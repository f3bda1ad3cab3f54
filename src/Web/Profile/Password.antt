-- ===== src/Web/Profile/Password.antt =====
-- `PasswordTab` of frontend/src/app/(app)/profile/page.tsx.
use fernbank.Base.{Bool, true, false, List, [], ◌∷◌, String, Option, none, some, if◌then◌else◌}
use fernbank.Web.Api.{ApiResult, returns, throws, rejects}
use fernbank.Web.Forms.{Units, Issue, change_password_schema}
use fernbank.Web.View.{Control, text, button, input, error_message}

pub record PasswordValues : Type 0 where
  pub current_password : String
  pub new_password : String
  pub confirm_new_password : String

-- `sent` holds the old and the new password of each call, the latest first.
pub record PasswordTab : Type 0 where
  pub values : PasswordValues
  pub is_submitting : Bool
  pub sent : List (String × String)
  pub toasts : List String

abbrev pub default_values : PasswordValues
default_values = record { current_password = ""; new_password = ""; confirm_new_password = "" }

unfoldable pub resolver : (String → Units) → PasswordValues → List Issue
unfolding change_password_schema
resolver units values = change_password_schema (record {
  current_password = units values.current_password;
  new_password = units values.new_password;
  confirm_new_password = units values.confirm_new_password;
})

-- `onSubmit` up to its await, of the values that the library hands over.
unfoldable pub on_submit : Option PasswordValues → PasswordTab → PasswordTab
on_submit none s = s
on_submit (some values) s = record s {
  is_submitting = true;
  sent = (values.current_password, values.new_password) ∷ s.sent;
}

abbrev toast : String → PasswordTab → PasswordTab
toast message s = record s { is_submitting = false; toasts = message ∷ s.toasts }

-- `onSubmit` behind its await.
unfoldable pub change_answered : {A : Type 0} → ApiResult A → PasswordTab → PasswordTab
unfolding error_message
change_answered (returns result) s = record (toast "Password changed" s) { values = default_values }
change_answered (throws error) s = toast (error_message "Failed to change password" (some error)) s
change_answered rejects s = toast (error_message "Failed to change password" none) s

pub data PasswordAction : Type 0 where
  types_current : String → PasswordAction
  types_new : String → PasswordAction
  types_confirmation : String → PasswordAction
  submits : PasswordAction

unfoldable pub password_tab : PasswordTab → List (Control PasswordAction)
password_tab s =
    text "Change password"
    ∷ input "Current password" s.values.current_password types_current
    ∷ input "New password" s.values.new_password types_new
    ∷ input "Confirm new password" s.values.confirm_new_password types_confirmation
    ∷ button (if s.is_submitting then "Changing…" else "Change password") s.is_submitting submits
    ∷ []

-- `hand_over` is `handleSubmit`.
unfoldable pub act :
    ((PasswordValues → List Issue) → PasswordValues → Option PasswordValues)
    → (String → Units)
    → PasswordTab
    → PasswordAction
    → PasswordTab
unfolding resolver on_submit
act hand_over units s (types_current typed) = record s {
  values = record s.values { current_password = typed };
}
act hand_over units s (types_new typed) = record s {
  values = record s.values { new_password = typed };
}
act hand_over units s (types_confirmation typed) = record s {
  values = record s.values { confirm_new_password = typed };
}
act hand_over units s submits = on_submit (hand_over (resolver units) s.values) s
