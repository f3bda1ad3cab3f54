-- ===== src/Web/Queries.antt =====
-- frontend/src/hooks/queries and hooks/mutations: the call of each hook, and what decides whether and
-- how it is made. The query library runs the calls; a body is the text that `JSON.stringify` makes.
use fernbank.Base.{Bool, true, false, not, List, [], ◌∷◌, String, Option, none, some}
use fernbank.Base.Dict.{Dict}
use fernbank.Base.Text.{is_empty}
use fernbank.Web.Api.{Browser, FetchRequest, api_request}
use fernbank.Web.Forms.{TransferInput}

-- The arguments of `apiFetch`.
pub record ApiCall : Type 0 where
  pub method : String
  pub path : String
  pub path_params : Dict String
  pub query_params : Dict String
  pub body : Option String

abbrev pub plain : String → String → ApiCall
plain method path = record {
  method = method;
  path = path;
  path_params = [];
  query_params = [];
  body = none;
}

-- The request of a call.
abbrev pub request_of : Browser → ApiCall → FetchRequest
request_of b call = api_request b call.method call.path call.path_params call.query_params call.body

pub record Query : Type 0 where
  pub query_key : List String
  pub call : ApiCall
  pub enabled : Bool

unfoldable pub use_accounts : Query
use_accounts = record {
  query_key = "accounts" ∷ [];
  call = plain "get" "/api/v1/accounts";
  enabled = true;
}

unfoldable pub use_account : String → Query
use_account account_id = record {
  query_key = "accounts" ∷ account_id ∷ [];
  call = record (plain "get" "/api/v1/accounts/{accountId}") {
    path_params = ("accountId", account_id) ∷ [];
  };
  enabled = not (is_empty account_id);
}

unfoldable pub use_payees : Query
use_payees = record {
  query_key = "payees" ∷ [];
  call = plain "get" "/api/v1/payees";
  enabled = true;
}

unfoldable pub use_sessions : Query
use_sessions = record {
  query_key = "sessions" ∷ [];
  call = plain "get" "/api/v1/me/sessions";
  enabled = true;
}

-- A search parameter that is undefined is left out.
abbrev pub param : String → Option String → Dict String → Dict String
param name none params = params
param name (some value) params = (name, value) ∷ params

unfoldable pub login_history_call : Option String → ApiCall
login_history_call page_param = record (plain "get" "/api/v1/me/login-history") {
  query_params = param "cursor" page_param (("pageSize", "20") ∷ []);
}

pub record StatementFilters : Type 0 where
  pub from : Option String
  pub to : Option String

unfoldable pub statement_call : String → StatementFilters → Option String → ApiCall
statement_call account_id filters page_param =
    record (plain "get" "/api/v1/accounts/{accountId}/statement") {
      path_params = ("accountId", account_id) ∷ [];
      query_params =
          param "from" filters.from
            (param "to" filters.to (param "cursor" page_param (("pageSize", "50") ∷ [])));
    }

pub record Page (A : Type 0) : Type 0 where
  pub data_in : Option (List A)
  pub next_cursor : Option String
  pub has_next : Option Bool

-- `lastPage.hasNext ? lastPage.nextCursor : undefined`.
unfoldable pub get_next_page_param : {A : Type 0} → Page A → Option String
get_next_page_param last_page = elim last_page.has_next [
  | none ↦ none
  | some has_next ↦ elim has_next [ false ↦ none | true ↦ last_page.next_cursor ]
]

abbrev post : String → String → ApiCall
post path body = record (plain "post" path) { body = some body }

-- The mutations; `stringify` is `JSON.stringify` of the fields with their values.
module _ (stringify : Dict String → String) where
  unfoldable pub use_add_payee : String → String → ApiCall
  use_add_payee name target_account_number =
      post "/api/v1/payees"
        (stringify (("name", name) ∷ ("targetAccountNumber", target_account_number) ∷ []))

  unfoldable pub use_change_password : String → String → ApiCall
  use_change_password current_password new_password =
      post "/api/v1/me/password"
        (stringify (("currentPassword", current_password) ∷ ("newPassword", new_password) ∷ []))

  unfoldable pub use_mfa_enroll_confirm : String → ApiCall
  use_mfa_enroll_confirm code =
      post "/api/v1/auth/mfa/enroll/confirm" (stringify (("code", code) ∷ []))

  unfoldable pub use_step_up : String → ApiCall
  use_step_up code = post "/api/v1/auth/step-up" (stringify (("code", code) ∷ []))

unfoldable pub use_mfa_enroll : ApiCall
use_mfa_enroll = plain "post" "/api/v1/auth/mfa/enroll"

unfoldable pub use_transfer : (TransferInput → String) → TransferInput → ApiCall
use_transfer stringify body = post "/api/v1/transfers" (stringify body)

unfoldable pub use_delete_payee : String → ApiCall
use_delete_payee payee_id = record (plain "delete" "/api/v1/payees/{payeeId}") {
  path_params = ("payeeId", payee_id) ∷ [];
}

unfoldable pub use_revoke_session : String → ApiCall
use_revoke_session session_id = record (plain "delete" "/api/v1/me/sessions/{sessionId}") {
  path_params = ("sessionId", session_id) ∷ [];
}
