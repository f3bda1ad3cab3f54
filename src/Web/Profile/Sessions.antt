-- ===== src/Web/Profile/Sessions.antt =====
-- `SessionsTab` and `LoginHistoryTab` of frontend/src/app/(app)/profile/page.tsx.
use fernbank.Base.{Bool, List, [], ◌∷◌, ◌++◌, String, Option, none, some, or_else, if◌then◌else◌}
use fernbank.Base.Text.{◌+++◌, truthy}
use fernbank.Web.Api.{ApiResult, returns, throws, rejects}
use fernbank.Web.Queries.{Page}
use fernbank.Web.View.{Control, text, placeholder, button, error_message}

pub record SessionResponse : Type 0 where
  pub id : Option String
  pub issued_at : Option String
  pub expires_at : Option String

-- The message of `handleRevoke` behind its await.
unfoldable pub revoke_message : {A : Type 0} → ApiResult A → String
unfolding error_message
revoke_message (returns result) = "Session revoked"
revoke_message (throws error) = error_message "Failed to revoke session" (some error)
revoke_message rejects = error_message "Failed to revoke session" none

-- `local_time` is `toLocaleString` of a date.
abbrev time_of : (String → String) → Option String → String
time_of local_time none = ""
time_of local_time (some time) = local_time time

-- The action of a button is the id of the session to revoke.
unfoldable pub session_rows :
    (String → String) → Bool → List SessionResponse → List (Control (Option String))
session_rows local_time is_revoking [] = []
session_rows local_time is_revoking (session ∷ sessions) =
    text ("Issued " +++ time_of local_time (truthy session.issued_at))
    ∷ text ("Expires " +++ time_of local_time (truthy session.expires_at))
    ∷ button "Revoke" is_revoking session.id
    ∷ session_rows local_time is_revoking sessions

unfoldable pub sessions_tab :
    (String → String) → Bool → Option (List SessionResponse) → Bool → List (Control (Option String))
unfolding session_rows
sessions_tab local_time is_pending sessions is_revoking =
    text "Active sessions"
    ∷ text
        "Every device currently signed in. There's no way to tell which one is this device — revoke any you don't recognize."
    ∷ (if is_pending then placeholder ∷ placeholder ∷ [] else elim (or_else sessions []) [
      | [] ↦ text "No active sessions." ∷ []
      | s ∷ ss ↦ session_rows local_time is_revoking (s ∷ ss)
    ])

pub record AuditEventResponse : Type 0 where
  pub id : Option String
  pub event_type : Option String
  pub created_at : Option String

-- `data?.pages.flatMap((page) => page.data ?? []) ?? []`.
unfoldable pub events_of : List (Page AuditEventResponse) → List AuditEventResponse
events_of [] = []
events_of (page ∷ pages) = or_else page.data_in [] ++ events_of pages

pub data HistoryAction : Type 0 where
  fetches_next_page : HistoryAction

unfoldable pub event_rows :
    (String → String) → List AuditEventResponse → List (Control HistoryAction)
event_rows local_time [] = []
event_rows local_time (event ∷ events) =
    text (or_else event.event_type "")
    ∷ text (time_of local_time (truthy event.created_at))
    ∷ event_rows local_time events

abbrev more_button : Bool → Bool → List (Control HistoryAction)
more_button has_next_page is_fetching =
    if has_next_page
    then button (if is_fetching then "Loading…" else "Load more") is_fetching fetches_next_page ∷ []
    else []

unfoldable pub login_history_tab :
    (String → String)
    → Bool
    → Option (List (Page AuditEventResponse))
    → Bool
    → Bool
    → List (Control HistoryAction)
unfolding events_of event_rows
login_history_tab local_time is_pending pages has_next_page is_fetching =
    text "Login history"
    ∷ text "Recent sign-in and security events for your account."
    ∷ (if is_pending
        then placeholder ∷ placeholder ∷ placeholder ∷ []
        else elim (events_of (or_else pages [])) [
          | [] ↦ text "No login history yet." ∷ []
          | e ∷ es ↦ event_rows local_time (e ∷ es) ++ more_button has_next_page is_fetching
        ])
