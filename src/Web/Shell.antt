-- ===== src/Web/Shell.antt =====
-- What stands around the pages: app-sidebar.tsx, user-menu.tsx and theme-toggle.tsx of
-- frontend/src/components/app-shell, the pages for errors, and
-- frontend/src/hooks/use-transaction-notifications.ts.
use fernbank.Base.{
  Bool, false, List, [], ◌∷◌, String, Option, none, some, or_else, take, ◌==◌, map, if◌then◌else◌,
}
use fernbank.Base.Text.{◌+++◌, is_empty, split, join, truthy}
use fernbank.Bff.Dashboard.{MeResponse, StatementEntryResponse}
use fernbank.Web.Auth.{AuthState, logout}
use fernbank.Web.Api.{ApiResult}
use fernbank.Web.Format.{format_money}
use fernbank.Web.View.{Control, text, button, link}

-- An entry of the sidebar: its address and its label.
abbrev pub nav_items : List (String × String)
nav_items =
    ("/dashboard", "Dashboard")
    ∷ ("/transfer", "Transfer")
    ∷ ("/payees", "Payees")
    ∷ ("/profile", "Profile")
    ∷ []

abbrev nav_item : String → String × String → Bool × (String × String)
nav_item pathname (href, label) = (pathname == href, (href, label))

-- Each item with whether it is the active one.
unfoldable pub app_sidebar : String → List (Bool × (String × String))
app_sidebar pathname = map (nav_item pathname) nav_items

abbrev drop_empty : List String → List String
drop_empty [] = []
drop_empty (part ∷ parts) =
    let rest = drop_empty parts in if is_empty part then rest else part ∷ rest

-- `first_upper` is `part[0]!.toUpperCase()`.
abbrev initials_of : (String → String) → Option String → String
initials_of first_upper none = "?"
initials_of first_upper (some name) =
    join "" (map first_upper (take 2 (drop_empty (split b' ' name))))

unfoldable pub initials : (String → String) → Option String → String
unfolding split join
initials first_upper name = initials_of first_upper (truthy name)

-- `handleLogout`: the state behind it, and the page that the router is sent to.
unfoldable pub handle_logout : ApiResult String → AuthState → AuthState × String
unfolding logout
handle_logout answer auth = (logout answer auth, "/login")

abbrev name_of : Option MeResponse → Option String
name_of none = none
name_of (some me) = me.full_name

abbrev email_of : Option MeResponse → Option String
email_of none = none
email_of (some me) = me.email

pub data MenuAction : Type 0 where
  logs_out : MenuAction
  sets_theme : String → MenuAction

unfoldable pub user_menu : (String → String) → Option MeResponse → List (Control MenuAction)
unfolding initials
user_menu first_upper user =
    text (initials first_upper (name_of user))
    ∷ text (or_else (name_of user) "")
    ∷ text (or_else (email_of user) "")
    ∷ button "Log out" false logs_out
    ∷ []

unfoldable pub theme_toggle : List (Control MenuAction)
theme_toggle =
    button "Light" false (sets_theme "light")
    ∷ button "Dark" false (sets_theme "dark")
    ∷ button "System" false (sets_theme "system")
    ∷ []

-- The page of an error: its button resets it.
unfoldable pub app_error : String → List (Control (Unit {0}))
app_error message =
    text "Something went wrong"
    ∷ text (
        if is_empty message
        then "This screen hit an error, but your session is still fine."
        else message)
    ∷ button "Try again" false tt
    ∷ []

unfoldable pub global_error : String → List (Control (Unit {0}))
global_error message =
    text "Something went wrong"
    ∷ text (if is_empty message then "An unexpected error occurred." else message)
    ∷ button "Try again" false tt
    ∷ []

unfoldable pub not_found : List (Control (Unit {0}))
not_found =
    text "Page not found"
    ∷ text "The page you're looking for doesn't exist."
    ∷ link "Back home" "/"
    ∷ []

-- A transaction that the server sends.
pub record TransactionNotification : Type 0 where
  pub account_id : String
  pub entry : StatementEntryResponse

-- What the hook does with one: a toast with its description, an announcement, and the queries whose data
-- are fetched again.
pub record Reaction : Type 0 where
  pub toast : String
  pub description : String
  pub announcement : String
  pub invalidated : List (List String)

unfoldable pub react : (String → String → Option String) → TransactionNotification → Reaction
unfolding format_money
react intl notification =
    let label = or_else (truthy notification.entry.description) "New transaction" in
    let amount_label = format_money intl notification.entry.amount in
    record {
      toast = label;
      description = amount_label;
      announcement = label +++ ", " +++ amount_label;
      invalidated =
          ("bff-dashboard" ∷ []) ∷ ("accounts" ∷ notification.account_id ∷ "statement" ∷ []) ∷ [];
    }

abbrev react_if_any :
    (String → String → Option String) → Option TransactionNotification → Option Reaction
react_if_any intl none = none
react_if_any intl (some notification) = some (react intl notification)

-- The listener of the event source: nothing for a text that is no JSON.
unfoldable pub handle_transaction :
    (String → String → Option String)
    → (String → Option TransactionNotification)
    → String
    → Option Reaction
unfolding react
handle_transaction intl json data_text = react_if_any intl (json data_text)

-=-=-=-=-

• [Aim of the task]:
Quote exactly the opening line of the material above and every line after it, up to and including the line that contains "pub record PasswordValues : Type 0 where".

• [Solution]:
repository f3bda1ad3cab3f54
filename src/Web/Profile/Password.antt
-- ===== src/Web/Profile/Password.antt =====
-- `PasswordTab` of frontend/src/app/(app)/profile/page.tsx.
use fernbank.Base.{Bool, true, false, List, [], ◌∷◌, String, Option, none, some, if◌then◌else◌}
use fernbank.Web.Api.{ApiResult, returns, throws, rejects}
use fernbank.Web.Forms.{Units, Issue, change_password_schema}
use fernbank.Web.View.{Control, text, button, input, error_message}

pub record PasswordValues : Type 0 where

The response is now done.